The gap between insurance coverage and cost of rebuilding in the Marshall fire could be as much as $179 million for the 1,084 homes lost, according to estimates.
The Colorado Division of Insurance has collected data from insurance companies with claims from the Marshall fire to look at underinsurance for people who lost their homes. Underinsurance is when the amount of money a homeowner will receive from their insurance company is not enough to repair or replace the home.
“Before diving into solutions that tackle underinsurance, we needed to determine the potential size and scope of the problem,” Colorado Insurance Commissioner Michael Conway said in a release. “This is our initial analysis, but we will continue to analyze the claims data as it comes in from the insurance companies. However the challenge now and going forward will be nailing down reliable rebuilding costs."

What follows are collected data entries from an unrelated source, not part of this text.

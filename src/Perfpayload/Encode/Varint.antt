-- ===== src/Perfpayload/Encode/Varint.antt =====
-- Round trips of integers.
use forward_go_sdk.Prelude.{
  ℕ, zero, suc, ◌+◌, ◌-◌, ◌*◌, ◌/◌, ◌%◌, ◌^◌, ◌≤◌, ◌<◌, ◌≡◌, true, false, some, [], ◌∷◌, ◌++◌, leb,
  length, arith, Bool-cases, inl, inr, leb_false→lt, leb_gt, All,
}
use forward_go_sdk.Perfpayload.Encode.{Bytes, varint_from, varint, little_endian}
use forward_go_sdk.Perfpayload.Encode.Wire.{read_varint, read_fixed32}

-- What `fuel` digits of base 128 hold.
abbrev digits_bound : ℕ → ℕ
digits_bound zero = 1
digits_bound (suc fuel) = 128 * digits_bound fuel

varint_from-last : (fuel v : ℕ) → leb 128 v ≡ false → varint_from (suc fuel) v ≡ v ∷ []
unfolding varint_from
varint_from-last fuel v h = ground arith

varint_from-more :
    (fuel v : ℕ)
    → leb 128 v ≡ true
    → varint_from (suc fuel) v ≡ (v % 128 + 128) ∷ varint_from fuel (v / 128)
unfolding varint_from
varint_from-more fuel v h = ground arith

read_varint-last :
    (b : ℕ) (rest : Bytes) → leb 128 b ≡ false → read_varint (b ∷ rest) ≡ some (b, rest)
unfolding read_varint
read_varint-last b rest h = ground arith

read_varint-more :
    (v u : ℕ) (bs rest : Bytes)
    → read_varint bs ≡ some (v / 128, rest)
    → read_varint ((v % 128 + 128) ∷ bs) ≡ some (v, rest)
unfolding read_varint
read_varint-more v u bs rest h =
    let sum : v % 128 + 128 - 128 + 128 * (v / 128) ≡ v = omega arith in ground (arith, sum)

read_varint-varint_from :
    (fuel v : ℕ) (rest : Bytes)
    → v < digits_bound (suc fuel)
    → read_varint (varint_from (suc fuel) v ++ rest) ≡ some (v, rest)
read_varint-varint_from zero v rest h =
    let b : leb 128 v ≡ false = leb_gt 128 v (omega arith) in
    rw (varint_from-last zero v b) (read_varint-last v rest b)
read_varint-varint_from (suc fuel) v rest h = elim (Bool-cases (leb 128 v)) [
  | inr b ↦ rw (varint_from-last (suc fuel) v b) (read_varint-last v rest b)
  | inl b ↦
      rw (varint_from-more (suc fuel) v b)
        (read_varint-more v 0 _ rest (read_varint-varint_from fuel (v / 128) rest (omega arith)))
]

-- Every uint64 is read back from its bytes, whatever follows them.
pub read_varint-varint :
    (v : ℕ) (rest : Bytes) → v < 2 ^ 64 → read_varint (varint v ++ rest) ≡ some (v, rest)
unfolding varint
read_varint-varint v rest h = read_varint-varint_from 9 v rest (omega arith)

varint_from-bytes : (fuel v : ℕ) → All (λ b. b < 256) (varint_from fuel v)
unfolding varint_from
varint_from-bytes zero v = tt
varint_from-bytes (suc fuel) v = elim (Bool-cases (leb 128 v)) [
  | inl b ↦ rw b (omega arith, varint_from-bytes fuel (v / 128))
  | inr b ↦ rw b (omega (arith, leb_false→lt 128 v b), tt)
]

varint_from-short : (fuel v : ℕ) → length (varint_from fuel v) ≤ fuel
unfolding varint_from
varint_from-short zero v = omega arith
varint_from-short (suc fuel) v = ground (arith, varint_from-short fuel (v / 128))

pub varint_short : (v : ℕ) → length (varint v) ≤ 10
unfolding varint
varint_short v = varint_from-short 10 v

pub varint_pos : (v : ℕ) → 1 ≤ length (varint v)
unfolding varint
varint_pos v = elim (Bool-cases (leb 128 v)) [
  | inl b ↦ rw (varint_from-more 9 v b) (omega arith)
  | inr b ↦ rw (varint_from-last 9 v b) (omega arith)
]

pub read_fixed32-little_endian :
    (v : ℕ) (rest : Bytes) → v < 2 ^ 32 → read_fixed32 (little_endian v ++ rest) ≡ some (v, rest)
unfolding read_fixed32 little_endian
read_fixed32-little_endian v rest h =
    let sum : v % 256
          + 256 * (v / 256 % 256)
          + 65536 * (v / 65536 % 256)
          + 16777216 * (v / 16777216 % 256)
        ≡ v =
      omega arith in
    rw sum
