-- ===== src/Perfpayload/Encode/Fields.antt =====
-- What each writer of encode.go writes, read as fields.
use mathlib.Core.Path.{subst}
use mathlib.Core.List.{append-nil, append_assoc}
use forward_go_sdk.Prelude.{
  ℕ, zero, suc, ◌+◌, ◌-◌, ◌*◌, ◌/◌, ◌%◌, ◌^◌, ◌==◌, ◌≤◌, ◌<◌, ◌≡◌, refl, ap, ◌∙◌, Option, none,
  some, List, [], ◌∷◌, ◌++◌, length, length-append, arith, Bool-cases, inl, inr, if◌then◌else◌,
}
use forward_go_sdk.Text.{is_empty}
use forward_go_sdk.Perfpayload.Encode.{
  Bytes, varint, tag, uint, float, bytes, str, little_endian, is_float_zero,
}
use forward_go_sdk.Perfpayload.Encode.Wire.{
  Field, integer, fixed32, delimited, read_varint, split_at, read_value, read_field, read_fields,
  read_message, prepend,
}
use forward_go_sdk.Perfpayload.Encode.Varint.{
  read_varint-varint, varint_pos, read_fixed32-little_endian,
}

abbrev fuel_for : List Field → ℕ → ℕ
fuel_for [] n = n
fuel_for (_ ∷ fs) n = suc (fuel_for fs n)

-- Bytes that a receiver reads as some fields, before whatever follows.
pub record Writes (bs : Bytes) (fs : List Field) : Type 0 where
  pub short : length fs ≤ length bs
  pub reads :
      (n : ℕ) (rest : Bytes)
      → read_fields (fuel_for fs n) (bs ++ rest) ≡ prepend fs (read_fields n rest)

prepend_none : (r : Option (List Field)) → r ≡ prepend [] r
prepend_none none = refl
prepend_none (some fs) = refl

pub Writes-nil : Writes [] []
Writes-nil = record { short = omega arith; reads = λ n rest. prepend_none (read_fields n rest) }

prepend-append :
    (fs gs : List Field) (r : Option (List Field))
    → prepend (fs ++ gs) r ≡ prepend fs (prepend gs r)
prepend-append fs gs none = refl
prepend-append fs gs (some hs) = ap (λ (l : List Field). some l) (append_assoc fs gs hs)

fuel_for-append : (fs gs : List Field) (n : ℕ) → fuel_for (fs ++ gs) n ≡ fuel_for fs (fuel_for gs n)
fuel_for-append [] gs n = refl
fuel_for-append (f ∷ fs) gs n = ap (λ (k : ℕ). suc k) (fuel_for-append fs gs n)

infixl 65 ◌<+>◌
pub ◌<+>◌ :
    {bs cs : Bytes} {fs gs : List Field}
    → Writes bs fs
    → Writes cs gs
    → Writes (bs ++ cs) (fs ++ gs)
◌<+>◌ {bs} {cs} {fs} {gs} v w = record {
  short = omega (arith, length-append {0} bs cs, length-append {0} fs gs, v.short, w.short);
  reads = λ n rest.
      rw
        (
          append_assoc bs cs rest,
          fuel_for-append fs gs n,
          prepend-append fs gs (read_fields n rest),
        )
        (v.reads (fuel_for gs n) (cs ++ rest) ∙ ap (prepend fs) (w.reads n rest));
}

read_field-nil : {f : Field} {rest : Bytes} → read_field [] ≡ some (f, rest) → ⊥
unfolding read_field read_varint
read_field-nil h = cc

read_fields-nil : (n : ℕ) → read_fields n [] ≡ some []
unfolding read_fields
read_fields-nil zero = refl
read_fields-nil (suc n) = refl

read_fields-field :
    (bs rest : Bytes) (f : Field) (n : ℕ)
    → read_field bs ≡ some (f, rest)
    → read_fields (suc n) bs ≡ prepend (f ∷ []) (read_fields n rest)
unfolding read_fields
read_fields-field [] rest f n h = absurd (read_field-nil h)
read_fields-field (b ∷ bs) rest f n h = rw h

Writes-field :
    (bs : Bytes) (f : Field)
    → 1 ≤ length bs
    → ((rest : Bytes) → read_field (bs ++ rest) ≡ some (f, rest))
    → Writes bs (f ∷ [])
Writes-field bs f long h = record {
  short = omega arith;
  reads = λ n rest. read_fields-field (bs ++ rest) rest f n (h rest);
}

fuel_for-sub : (fs : List Field) (k : ℕ) → length fs ≤ k → fuel_for fs (k - length fs) ≡ k
fuel_for-sub [] k h = omega arith
fuel_for-sub (f ∷ fs) zero h = absurd (omega arith)
fuel_for-sub (f ∷ fs) (suc k) h =
    let e : suc k - suc (length fs) ≡ k - length fs = omega arith in
    rw e (ap (λ (n : ℕ). suc n) (fuel_for-sub fs k (omega arith)))

-- A message that some writers wrote is read as their fields.
pub read_message-Writes : {bs : Bytes} {fs : List Field} → Writes bs fs → read_message bs ≡ some fs
unfolding read_message
read_message-Writes {bs} {fs} w =
    subst (λ (n : ℕ). read_fields n bs ≡ some fs) (fuel_for-sub fs (length bs) w.short)
      (subst (λ (cs : Bytes). read_fields (fuel_for fs left) cs ≡ some fs) (append-nil bs)
        (w.reads left []
          ∙ ap (prepend fs) (read_fields-nil left)
          ∙ ap (λ (l : List Field). some l) (append-nil fs)))
  where
    left : ℕ
    left = length bs - length fs

-- The field numbers of the schema fit in a tag of one byte.
IsNumber : ℕ → Type 0
IsNumber number = number < 16

read_field-tag :
    (number wire : ℕ) (rest : Bytes)
    → number < 16
    → wire < 8
    → read_field (tag number wire ++ rest) ≡ read_value number wire rest
unfolding read_field tag
read_field-tag number wire rest h k =
    let number_is : (number * 8 + wire) / 8 ≡ number = omega arith in
    let wire_is : (number * 8 + wire) % 8 ≡ wire = omega arith in
    rw (read_varint-varint (number * 8 + wire) rest (omega arith), number_is, wire_is)

split_at-length : (bs rest : Bytes) → split_at (length bs) (bs ++ rest) ≡ some (bs, rest)
unfolding split_at
split_at-length [] rest = refl
split_at-length (b ∷ bs) rest = rw (split_at-length bs rest)

abbrev pub uint_field : ℕ → ℕ → List Field
uint_field number v = if v == 0 then [] else (number, integer v) ∷ []

abbrev pub float_field : ℕ → ℕ → List Field
float_field number v = if is_float_zero v then [] else (number, fixed32 v) ∷ []

abbrev pub str_field : ℕ → Bytes → List Field
str_field number v = if is_empty v then [] else (number, delimited v) ∷ []

tagged-long : (number wire : ℕ) (v : Bytes) → 1 ≤ length (tag number wire ++ v)
unfolding tag
tagged-long number wire v =
    omega (arith, varint_pos (number * 8 + wire), length-append {0} (varint (number * 8 + wire)) v)

module _ (number : ℕ) (small : number < 16) where
  read_field-integer :
      (v : ℕ) (rest : Bytes)
      → v < 2 ^ 64
      → read_field ((tag number 0 ++ varint v) ++ rest) ≡ some ((number, integer v), rest)
  unfolding read_value
  read_field-integer v rest h = rw (
    append_assoc (tag number 0) (varint v) rest,
    read_field-tag number 0 (varint v ++ rest) small (omega arith),
    read_varint-varint v rest h,
  )

  read_field-fixed32 :
      (v : ℕ) (rest : Bytes)
      → v < 2 ^ 32
      → read_field ((tag number 5 ++ little_endian v) ++ rest) ≡ some ((number, fixed32 v), rest)
  unfolding read_value
  read_field-fixed32 v rest h = rw (
    append_assoc (tag number 5) (little_endian v) rest,
    read_field-tag number 5 (little_endian v ++ rest) small (omega arith),
    read_fixed32-little_endian v rest h,
  )

  read_field-delimited :
      (v rest : Bytes)
      → length v < 2 ^ 64
      → read_field ((tag number 2 ++ varint (length v) ++ v) ++ rest)
        ≡ some ((number, delimited v), rest)
  unfolding read_value
  read_field-delimited v rest h = rw (
    append_assoc (tag number 2 ++ varint (length v)) v rest,
    append_assoc (tag number 2) (varint (length v)) (v ++ rest),
    read_field-tag number 2 (varint (length v) ++ (v ++ rest)) small (omega arith),
    read_varint-varint (length v) (v ++ rest) h,
    split_at-length v rest,
  )

  pub uint-Writes : (v : ℕ) → v < 2 ^ 64 → Writes (uint number v) (uint_field number v)
  unfolding uint
  uint-Writes v h = elim (Bool-cases (v == 0)) [
    | inl z ↦ rw z Writes-nil
    | inr z ↦ rw z (Writes-field _ _ (tagged-long _ _ _) (λ rest. read_field-integer v rest h))
  ]

  pub float-Writes : (v : ℕ) → v < 2 ^ 32 → Writes (float number v) (float_field number v)
  unfolding float
  float-Writes v h = elim (Bool-cases (is_float_zero v)) [
    | inl z ↦ rw z Writes-nil
    | inr z ↦ rw z (Writes-field _ _ (tagged-long _ _ _) (λ rest. read_field-fixed32 v rest h))
  ]

  pub bytes-Writes :
      (v : Bytes) → length v < 2 ^ 64 → Writes (bytes number v) ((number, delimited v) ∷ [])
  unfolding bytes
  bytes-Writes v h = Writes-field _ _ long (λ rest. read_field-delimited v rest h)
    where
      long : 1 ≤ length (tag number 2 ++ varint (length v) ++ v)
      long = omega (
        arith,
        tagged-long number 2 (varint (length v)),
        length-append {0} (tag number 2 ++ varint (length v)) v,
      )

  pub str-Writes : (v : Bytes) → length v < 2 ^ 64 → Writes (str number v) (str_field number v)
  unfolding str
  str-Writes v h = elim (Bool-cases (is_empty v)) [
    | inl z ↦ rw z Writes-nil
    | inr z ↦ rw z (bytes-Writes v h)
  ]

The Division of Insurance collected data from 27 insurance groups representing 61 insurance companies — for example, Allstate has six individual companies and Liberty Mutual has five. These 61 companies represent 97% of the market share of all companies selling homeowners insurance in Colorado.
Boulder County has identified 1,084 total losses, while the data collected from insurers captured 983 total loss claims. The division explained that this discrepancy comes from a number of factors, as things like rental properties being covered by commercial policies were not included in the data, nor were high-dollar homes in the surplus lines market.
Additionally, 32 of the 983 total loss claims reported by insurance companies were either incomplete or did not represent traditional homeowner insurance policies. This brings the number of loss claims used by the Division of Insurance for analysis to 951 homes.
Over $1 billion in claims have been incurred so far for these homes, according to the analysis.
Of those 951 claims, 76 homes had guaranteed replacement coverage, meaning the insurance policy provides coverage for replacement of the home with similar quality and square footage without a cap — so underinsurance is not a problem for 8% of the homes in the analysis.
The majority of policies, 83%, provide some additional coverage if rebuilding exceeds policy limits while the remaining 9% have no such extended coverage.
Determining the extent of underinsurance is dependent on the anticipated rebuilding costs. At $250 per square foot, the analysis found that 36% of policies are underinsured. The average amount of underinsurance per policy is estimated at just under $100,000 with that rebuilding cost.
At $300 per square foot, 55% of policies are underinsured for an average of roughly $165,000 per policy.
At $350 per square foot, two-thirds of policies are underinsured at an average of $242,670 per policy.
The estimated total amount of underinsurance is estimated at $34 million, $86 million and $155 million for $250, $300 and $350 per square foot respectively.
Applying the same basic assumptions for calculating the total amount of underinsurance for all 1,084 losses, the overall amount of underinsurance is estimated at $39 million, $100 million and $179 million depending on the cost per square foot to rebuild.
As of the end of March, the U.S. Small Business Administration approved $91.2 million in disaster loans for homeowners impacted by the Marshall fire. The Division of Insurance expects much of that to be used toward closing the gap between insurance and the cost of rebuilding.